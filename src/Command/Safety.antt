-- ===== src/Command/Safety.antt =====
-- What Check stops, whatever else is on the command line.
use mathlib.Core.Bool.{false≢true, or-true}
use mathlib.Core.List.{Memᴰ}
use fylane.Common.{
  ◌≡◌, refl, ap, ◌∙◌, ◌≢◌, ◌⊎◌, inl, inr, Bool, true, false, ◌||◌, List, [], ◌∷◌, some, All, any,
  Bool-cases, ne→==, arith, subst, sym,
}
use fylane.Common.Text.{Text, text_eq}
use fylane.Common.Paths.Walk.{IsPlain, rooted_path}
use fylane.Command.Shells.{in_set}
use fylane.Command.Line.{Request, Cmdline, parse, parse_argv, path_args, outside_workspace}
use fylane.Command.Lexical.{Under, target, outside_workspace_iff}
use fylane.Command.Rules.{
  Rule, deleters, deletes_outside, names_a_shell, escalates, builds_command_lines, writes_devices,
  git_internals, deletes_root,
}
use fylane.Command.Check.{
  Verdict, block, disclose, Decision, check, judge, first_match, block_rules,
}

any_of_mem {ℓ} :
    {A : Type ℓ} (f : A → Bool) {x : A} {xs : List A} → Memᴰ x xs → f x ≡ true → any f xs ≡ true
any_of_mem f (Memᴰ.head e) h = rw (sym (ap f e) ∙ h)
any_of_mem f (Memᴰ.tail {x = y} m) h = rw (any_of_mem f m h) (or-true (f y))

first_match_verdict :
    (v : Verdict) (c : Cmdline) (rules : List Rule)
    → any (λ r. r.match c) rules ≡ true
    → (d : Decision) × (first_match v c rules ≡ some d) × (d.verdict ≡ v)
unfolding first_match
first_match_verdict v c [] h = absurd (false≢true h)
first_match_verdict v c (r ∷ rules) h = elim (Bool-cases (r.match c)) [
  | inl e ↦ rw e (record { verdict = v; rule = r.id; reason = r.reason }, refl, refl)
  | inr e ↦ rw e (first_match_verdict v c rules (rw e at h))
]

-- A block rule that matches decides.
judge_block : (c : Cmdline) → any (λ r. r.match c) block_rules ≡ true → (judge c).verdict ≡ block
unfolding judge
judge_block c h = let (d, e, v) = first_match_verdict block c block_rules h in rw e v

check_block :
    (req : Request)
    → (parse req).prog ≢ []
    → any (λ r. r.match (parse req)) block_rules ≡ true
    → (check req).verdict ≡ block
unfolding check
check_block req n h = rw (ne→== (parse req).prog [] n) (judge_block (parse req) h)

-- The verdicts that stop a command for a human or for good at every rung.
abbrev pub Stops : Verdict → Type 0
Stops v = (v ≡ block) ⊎ (v ≡ disclose)

last_true :
    (a b c d e f g : Bool)
    → g ≡ true
    → (a || (b || (c || (d || (e || (f || (g || false))))))) ≡ true
last_true a b c d e f g h = ground arith

deletes_outside-true :
    (c : Cmdline)
    → in_set c.prog deleters ≡ true
    → any (outside_workspace c) (path_args c) ≡ true
    → deletes_outside c ≡ true
unfolding deletes_outside
deletes_outside-true c h k = rw (h, k)

parse_argv-req : (req : Request) (argv : List Text) → (parse_argv req argv).req ≡ req
unfolding parse_argv
parse_argv-req req [] = refl
parse_argv-req req (name ∷ args) = refl

parse-req : (req : Request) → (parse req).req ≡ req
unfolding parse
parse-req req = parse_argv-req req req.argv

-- A path whose words leave those of the root is outside for the test.
escape-outside :
    (req : Request) (rs : List Text) (p : Text)
    → rs ≢ []
    → All IsPlain rs
    → req.root ≡ rooted_path rs
    → p ≢ []
    → ¬ Under rs (target rs req.dir p)
    → outside_workspace (parse req) p ≡ true
escape-outside req rs p m plain root some_path escapes =
    let root' : (parse req).req.root ≡ rooted_path rs =
      ap (λ (r : Request). r.root) (parse-req req) ∙ root in
    let iff = outside_workspace_iff (parse req) rs p some_path m plain root' in
    elim (Bool-cases (outside_workspace (parse req) p)) [
      | inl e ↦ e
      | inr e ↦ absurd (
          escapes (subst (λ (r : Request). Under rs (target rs r.dir p)) (parse-req req) (iff.0 e)))
    ]

-- A command whose program deletes, and that names a path which leads outside a workspace root of
-- plain words, gets the verdict block.
pub check_delete_outside :
    (req : Request) (rs : List Text) (p : Text)
    → in_set (parse req).prog deleters ≡ true
    → (parse req).prog ≢ []
    → rs ≢ []
    → All IsPlain rs
    → req.root ≡ rooted_path rs
    → Memᴰ p (path_args (parse req))
    → p ≢ []
    → ¬ Under rs (target rs req.dir p)
    → (check req).verdict ≡ block
check_delete_outside req rs p del n m plain root here some_path escapes =
    let c = parse req in
    let out = escape-outside req rs p m plain root some_path escapes in
    let deletes : deletes_outside (parse req) ≡ true =
      deletes_outside-true (parse req) del (any_of_mem (outside_workspace (parse req)) here out) in
    check_block req n (
      last_true (escalates c) (names_a_shell c) (builds_command_lines c) (writes_devices c)
        (git_internals c) (deletes_root c) (deletes_outside c) deletes)
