-- ===== src/Command/Tests.antt =====
-- The theorems about the rule table at concrete inputs, and runs of the code.
use mathlib.Core.List.{Memᴰ}
use fylane.Common.{◌≡◌, refl, sym, ◌∙◌, ◌≢◌, ◌↔◌, true, false, List, [], ◌∷◌, All}
use fylane.Common.Text.{Text, codes, text_beq, has_byte, text_eq, split_on}
use fylane.Common.Paths.{walk, join, clean, is_abs, join_words}
use fylane.Common.Paths.Walk.{IsPlain, rooted_path}
use fylane.Command.Shells.{in_set}
use fylane.Command.Line.{Request, parse, path_args, outside_workspace, normalize_prog, abs}
use fylane.Command.Lexical.{Under, target, outside_workspace_iff}
use fylane.Command.Rules.{
  deleters, escalates, names_a_shell, builds_command_lines, writes_devices, git_internals,
  deletes_root, deletes_outside, reads_credentials, touches_outside, reads_machine_state,
  recursive_delete, discards_work, rewrites_history, leaves_machine, widens_permissions,
  changes_machine, runs_nested,
}
use fylane.Command.Check.{block, disclose, allow, Decision, check, allowed}
use fylane.Command.Safety.{check_delete_outside}

abbrev root_words : List Text
root_words = codes "home" ∷ codes "me" ∷ []

abbrev in_dir : List Text → Request
in_dir argv = record { argv = argv; root = codes "/home/me"; dir = codes "src" }

-- cat ../../x, from the directory src
abbrev reads_above : Request
reads_above = in_dir (codes "cat" ∷ codes "../../x" ∷ [])

abbrev deletes_above : Request
deletes_above = in_dir (codes "rm" ∷ codes "../../x" ∷ [])

abbrev above : Text
above = codes "../../x"

root_words-IsPlain : All IsPlain root_words
unfolding text_beq has_byte
root_words-IsPlain = (
  record { some_byte = refl; not_dot = refl; not_dot_dot = refl; no_slash = refl },
  (record { some_byte = refl; not_dot = refl; not_dot_dot = refl; no_slash = refl }, tt),
)

root_path : codes "/home/me" ≡ rooted_path root_words
unfolding join_words
root_path = refl

-- The words that the path leads to: /home/x.
above-target : target root_words (codes "src") above ≡ codes "home" ∷ codes "x" ∷ []
unfolding is_abs split_on walk text_beq
above-target = refl

above_escapes : ¬ Under root_words (target root_words (codes "src") above)
above_escapes (rest, e) =
    let h : codes "home" ∷ codes "x" ∷ [] ≡ codes "home" ∷ codes "me" ∷ rest =
      sym above-target ∙ e in
    cc

outside_workspace_iff_example :
    (outside_workspace (parse reads_above) above ≡ false)
    ↔ Under root_words (target root_words (codes "src") above)
unfolding parse
outside_workspace_iff_example =
    outside_workspace_iff (parse reads_above) root_words above (λ e. cc) (λ e. cc)
      root_words-IsPlain root_path

named_to_delete : Memᴰ above (path_args (parse deletes_above))
unfolding parse path_args text_beq
named_to_delete = Memᴰ.head refl

rm_named : (parse deletes_above).prog ≢ []
unfolding parse split_on text_beq
rm_named e = cc

rm_deletes : in_set (parse deletes_above).prog deleters ≡ true
unfolding parse in_set split_on text_beq
rm_deletes = refl

check_delete_outside_example : (check deletes_above).verdict ≡ block
check_delete_outside_example =
    check_delete_outside deletes_above root_words above rm_deletes rm_named (λ e. cc)
      root_words-IsPlain root_path named_to_delete (λ e. cc) above_escapes

-- A program whose file is named `.exe` has no name left once the suffix is cut: no rule is asked.
bare_exe :
    check (record { argv = codes "./.exe" ∷ codes "/etc/passwd" ∷ []; root = codes "/w"; dir = [] })
    ≡ allowed
unfolding check parse text_beq split_on
bare_exe = refl

-- The whole table, open, for the runs below.
run : Request → Decision
unfolding check text_beq abs is_abs join clean escalates names_a_shell builds_command_lines
    writes_devices git_internals deletes_root deletes_outside reads_credentials touches_outside
    reads_machine_state recursive_delete discards_work rewrites_history leaves_machine
    widens_permissions changes_machine runs_nested
run req = check req

reads_above_discloses : (run reads_above).verdict ≡ disclose
unfolding run
reads_above_discloses = refl

tests_run : (run (in_dir (codes "go" ∷ codes "test" ∷ codes "./..." ∷ []))).verdict ≡ allow
unfolding run
tests_run = refl

force_push_asks :
    (run (in_dir (codes "git" ∷ codes "push" ∷ codes "-f" ∷ []))).rule
    ≡ "rewrites-published-history"
unfolding run
force_push_asks = refl

hidden_shell : (run (in_dir (codes "env" ∷ codes "bash" ∷ []))).rule ≡ "shell-in-arguments"
unfolding run
hidden_shell = refl

windows_name : normalize_prog (codes "C:\\tools\\RM.EXE") ≡ codes "rm"
unfolding normalize_prog split_on text_beq
windows_name = refl

-- npm.cmd is the name of npm on Windows: the suffix stays, and the rule for publishing is passed.
npm_cmd_publishes : (run (in_dir (codes "npm.cmd" ∷ codes "publish" ∷ []))).verdict ≡ allow
unfolding run
npm_cmd_publishes = refl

(What to produce): Among the lines of the data, which ones contain the word "home"? Show them.

(Written answer):
root_words = codes "home" ∷ codes "me" ∷ []
in_dir argv = record { argv = argv; root = codes "/home/me"; dir = codes "src" }
root_path : codes "/home/me" ≡ rooted_path root_words
-- The words that the path leads to: /home/x.
above-target : target root_words (codes "src") above ≡ codes "home" ∷ codes "x" ∷ []
    let h : codes "home" ∷ codes "x" ∷ [] ≡ codes "home" ∷ codes "me" ∷ rest =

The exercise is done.